Cardiovascular Genomics: Linking Genes to Heart Disease

Article

-February 2016

Cardiovascular Genomics: Linking Genes to Heart Disease

Around the globe, cardiovascular diseases are one of the leading causes of death. In 2013, one of every three deaths in the US was due to a cardiovascular disease. It is anticipated that these numbers will continue to increase to reach 23.6 million deaths in 2030 – unless a breakthrough in treating or preventing heart-related diseases is made.

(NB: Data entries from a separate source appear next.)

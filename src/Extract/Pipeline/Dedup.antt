-- ===== src/Extract/Pipeline/Dedup.antt =====
-- Messages that were already processed, and messages that are lost.
use prompt_flow_ai.Prelude.{◌+◌, ◌<◌, ◌≡◌, String, true, false, some, arith, eq_refl, ap, ◌∙◌}
use prompt_flow_ai.Redis.{exists-setex}
use prompt_flow_ai.Kafka.{undelivered, Sent, returned, attempts, settled, attempts_lem, ending}
use prompt_flow_ai.Extract.Schemas.{Settings}
use prompt_flow_ai.Extract.Payload.{IngestedPayload, RawValue, fields, passes_validators}
use prompt_flow_ai.Extract.Pipeline.Laws.{event_record, mark_as_processed-broker}
use prompt_flow_ai.Extract.Pipeline.{
  State, text, World, mark_as_processed, publish_to_topic, verify_payload, ended, finish,
  handle_verified, handle_payload, handle_value, is_already_processed, process_message,
}

skips_processed :
    (c : Settings) (w : World) (raw : RawValue) (key : String) (s : State)
    → is_already_processed w key s ≡ true
    → process_message c w raw (text key) s ≡ (ended, s)
unfolding process_message
skips_processed c w raw key s h = rw h

marked :
    (c : Settings) (w w' : World) (key : String) (s : State)
    → w.redis_answers_mark ≡ true
    → w'.redis_answers_check ≡ true
    → w'.now < w.now + c.redis_processed_ttl_seconds
    → is_already_processed w' key (mark_as_processed c w key s) ≡ true
unfolding is_already_processed mark_as_processed
marked c w w' key s m k t = rw (m, k) (rw exists-setex (rw eq_refl (ground arith)))

-- What a fresh, valid and intact message becomes.
process_fresh :
    (c : Settings) (w : World) (p : IngestedPayload) (s : State)
    → is_already_processed w p.email.idempotency_key s ≡ false
    → passes_validators p ≡ true
    → (verify_payload w p).passed ≡ true
    → process_message c w (fields p) (text p.email.idempotency_key) s ≡ handle_verified c w p s
unfolding process_message handle_value handle_payload
process_fresh c w p s new valid intact = rw new (rw valid (rw intact))

sent_is_marked :
    (c : Settings) (w : World) (p : IngestedPayload) (s : State) (r : Sent × State)
    → r.0 ≡ returned true
    → finish c w p r ≡ (ended, mark_as_processed c w p.email.idempotency_key r.1)
unfolding finish
sent_is_marked c w p s (sent, s') e = rw e

handle_sent :
    (c : Settings) (w : World) (p : IngestedPayload) (s : State)
    → ending (settled 3 s.broker.schedule) ≡ returned true
    → handle_verified c w p s ≡ (
      ended,
      mark_as_processed c w p.email.idempotency_key
          (record s { broker = (attempts 3 (event_record c w p) s.broker).1 }),
    )
unfolding handle_verified publish_to_topic
handle_sent c w p s e =
    sent_is_marked c w p s _ ((attempts_lem 3 (event_record c w p) s.broker).0 ∙ e)

-- A valid and intact message that is new and whose publishing returned true is processed once: while its mark has not
-- expired, any later message under the same key, with Redis answering, changes nothing.
pub processed_once :
    (c : Settings) (w w' : World) (p : IngestedPayload) (raw : RawValue) (s : State)
    → is_already_processed w p.email.idempotency_key s ≡ false
    → passes_validators p ≡ true
    → (verify_payload w p).passed ≡ true
    → ending (settled 3 s.broker.schedule) ≡ returned true
    → w.redis_answers_mark ≡ true
    → w'.redis_answers_check ≡ true
    → w'.now < w.now + c.redis_processed_ttl_seconds
    → let s' = (process_message c w (fields p) (text p.email.idempotency_key) s).1 in
      process_message c w' raw (text p.email.idempotency_key) s' ≡ (ended, s')
processed_once c w w' p raw s new valid intact sent m k t =
    rw (process_fresh c w p s new valid intact) (
      rw (handle_sent c w p s sent) (
        skips_processed c w' raw p.email.idempotency_key _
          (marked c w w' p.email.idempotency_key _ m k t)))

-- When the broker never stores the event although `produce` and `flush` return, the worker adds no record to Kafka, and
-- its mark makes it skip every later message under the same key until the mark expires: the paper is lost.
pub undelivered_is_lost :
    (c : Settings) (w w' : World) (p : IngestedPayload) (raw : RawValue) (s : State)
    → is_already_processed w p.email.idempotency_key s ≡ false
    → passes_validators p ≡ true
    → (verify_payload w p).passed ≡ true
    → settled 3 s.broker.schedule ≡ some undelivered
    → w.redis_answers_mark ≡ true
    → w'.redis_answers_check ≡ true
    → w'.now < w.now + c.redis_processed_ttl_seconds
    → let s' = (process_message c w (fields p) (text p.email.idempotency_key) s).1 in
      (s'.broker.log ≡ s.broker.log)
      × (process_message c w' raw (text p.email.idempotency_key) s' ≡ (ended, s'))
undelivered_is_lost c w w' p raw s new valid intact un m k t = (
  rw (process_fresh c w p s new valid intact) (
      rw (handle_sent c w p s (ap ending un)) (
        rw mark_as_processed-broker
          (rw ((attempts_lem 3 (event_record c w p) s.broker).1) (rw un)))),
  processed_once c w w' p raw s new valid intact (ap ending un) m k t,
)
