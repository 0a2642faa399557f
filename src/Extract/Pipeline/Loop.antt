-- ===== src/Extract/Pipeline/Loop.antt =====
-- `run_worker_loop` of module3-ai-worker/app/pipeline.py: the messages that the consumer polls, in
-- order. An offset is committed whether `process_message` returns or raises.
use prompt_flow_ai.Prelude.{
  ℕ, ◌+◌, ◌≡◌, ◌⊎◌, refl, sym, ap, ◌∙◌, List, [], ◌∷◌, ◌++◌, arith, inl, inr, All, All-append,
  All-weaken,
}
use mathlib.Core.List.{append-nil, append_assoc}
use prompt_flow_ai.Kafka.{Record}
use prompt_flow_ai.Extract.Schemas.{Settings}
use prompt_flow_ai.Extract.Payload.{IngestedPayload, RawValue, undecodable, fields}
use prompt_flow_ai.Extract.Pipeline.{Value, State, RawKey, World, handle_value, process_message}
use prompt_flow_ai.Extract.Pipeline.Laws.{IsDlq, IsPublished, process_message-Grows}

pub data Poll : Type 0 where
  nothing partition_eof poll_error : Poll
  message : World → RawValue → RawKey → Poll

pub record Worker : Type 0 where
  pub state : State
  pub committed : ℕ

-- one round of the loop
unfoldable pub round : Settings → Poll → Worker → Worker
round c nothing k = k
round c partition_eof k = k
round c poll_error k = k
round c (message w raw key) k = record {
  state = (process_message c w raw key k.state).1;
  committed = k.committed + 1;
}

unfoldable pub run_worker_loop : Settings → List Poll → Worker → Worker
unfolding round
run_worker_loop c [] k = k
run_worker_loop c (poll ∷ polls) k = run_worker_loop c polls (round c poll k)

-- A poll is among the polls.
abbrev pub IsPolled : Poll → List Poll → Type 0
IsPolled p [] = ⊥
IsPolled p (q ∷ polls) = (q ≡ p) ⊎ IsPolled p polls

-- A record for the DLQ, or the event of a message that was polled, checked in the world it met.
abbrev pub IsJustified : Settings → List Poll → Record Value → Type 0
IsJustified c polls r =
    IsDlq c r
    ⊎ ((w : World) × (key : RawKey) × (p : IngestedPayload) × IsPolled (message w (fields p) key)
          polls
        × IsPublished c w p r)

-- The log with records added that the polls justify.
abbrev pub Adds : Settings → List Poll → List (Record Value) → List (Record Value) → Type 0
Adds c polls log log' =
    (added : List (Record Value)) × (log' ≡ log ++ added) × All (IsJustified c polls) added

unchanged_log :
    (c : Settings) (polls : List Poll) (log : List (Record Value)) → Adds c polls log log
unchanged_log c polls log = ([], sym (append-nil log), tt)

round-Adds :
    (c : Settings) (poll : Poll) (polls : List Poll) (k : Worker)
    → Adds c (poll ∷ polls) k.state.broker.log (round c poll k).state.broker.log
unfolding round
round-Adds c nothing polls k = unchanged_log c (nothing ∷ polls) k.state.broker.log
round-Adds c partition_eof polls k = unchanged_log c (partition_eof ∷ polls) k.state.broker.log
round-Adds c poll_error polls k = unchanged_log c (poll_error ∷ polls) k.state.broker.log
round-Adds c (message w raw key) polls k = elim (process_message-Grows c w raw key k.state) [
  | inl e ↦ ([], e ∙ sym (append-nil k.state.broker.log), tt)
  | inr (r, e, inl d) ↦ (r ∷ [], e, (inl d, tt))
  | inr (r, e, inr (p, same, q)) ↦
      (r ∷ [], e, (inr (w, key, p, inl (ap (λ v. message w v key) same), q), tt))
]

later :
    (c : Settings) (poll : Poll) (polls : List Poll) (r : Record Value)
    → IsJustified c polls r
    → IsJustified c (poll ∷ polls) r
later c poll polls r (inl d) = inl d
later c poll polls r (inr (w, key, p, m, q)) = inr (w, key, p, inr m, q)

-- Whatever the worker polls, in whatever order and with whatever failures, Kafka only gets records
-- added. Each is a wrapped message on the DLQ topic; or the event of a payload that was polled,
-- that passes the validators and whose hashes match in the world of that poll, under the payload's
-- key, on the topic of its decision.
pub run_worker_loop-IsJustified :
    (c : Settings) (polls : List Poll) (k : Worker)
    → Adds c polls k.state.broker.log (run_worker_loop c polls k).state.broker.log
unfolding run_worker_loop
run_worker_loop-IsJustified c [] k = unchanged_log c [] k.state.broker.log
run_worker_loop-IsJustified c (poll ∷ polls) k =
    let (xs, e, h) = round-Adds c poll polls k in
    let (ys, f, j) = run_worker_loop-IsJustified c polls (round c poll k) in
    (
      xs ++ ys,
      f ∙ ap (λ log. log ++ ys) e ∙ append_assoc k.state.broker.log xs ys,
      All-append (IsJustified c (poll ∷ polls)) xs ys h (All-weaken _ _ ys (later c poll polls) j),
    )

undecodable-state :
    (c : Settings) (w : World) (key : RawKey) (s : State)
    → (process_message c w undecodable key s).1 ≡ s
unfolding process_message handle_value
undecodable-state c w key s = ground arith

-- A message whose value is no UTF-8 is committed and leaves nothing behind, on the DLQ or elsewhere, whatever its key.
pub undecodable_is_dropped :
    (c : Settings) (w : World) (key : RawKey) (k : Worker)
    → ((round c (message w undecodable key) k).state ≡ k.state)
      × ((round c (message w undecodable key) k).committed ≡ k.committed + 1)
unfolding round
undecodable_is_dropped c w key k = (undecodable-state c w key k.state, refl)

Cardiovascular genomics is a new field of science that primarily focuses on characterizing genetic risks of heart disease and identifying new targets for drug discovery. Until recently, genetic factors involved in the origin of cardiovascular diseases were not well-understood. However, the study of genetic factors has now come to the forefront. The genome-wide association studies (GWAS) have identified more than 152 associated loci and 320 candidate genes. Although their predictive capacity of cardiovascular risks has been often challenged, the discovery of genes has opened up the possibility of gene therapy for cardiovascular diseases.

Recent Advances

Cardiovascular genomics, in particular genetic testing, can potentially lead to the prevention of strokes. For instance, variants on chromosome 9p21 are associated with myocardial infarctions and ischemic strokes. Common variants on 4q25 and 16q22 are associated with atrial fibrillation and ischemic strokes (cardioembolic strokes in particular). The tests for these genes are now commercially available. However, the current guidelines to prevent a stroke, as issued by American Heart Association, do not recommend genetic screening in the general population to prevent the first stroke.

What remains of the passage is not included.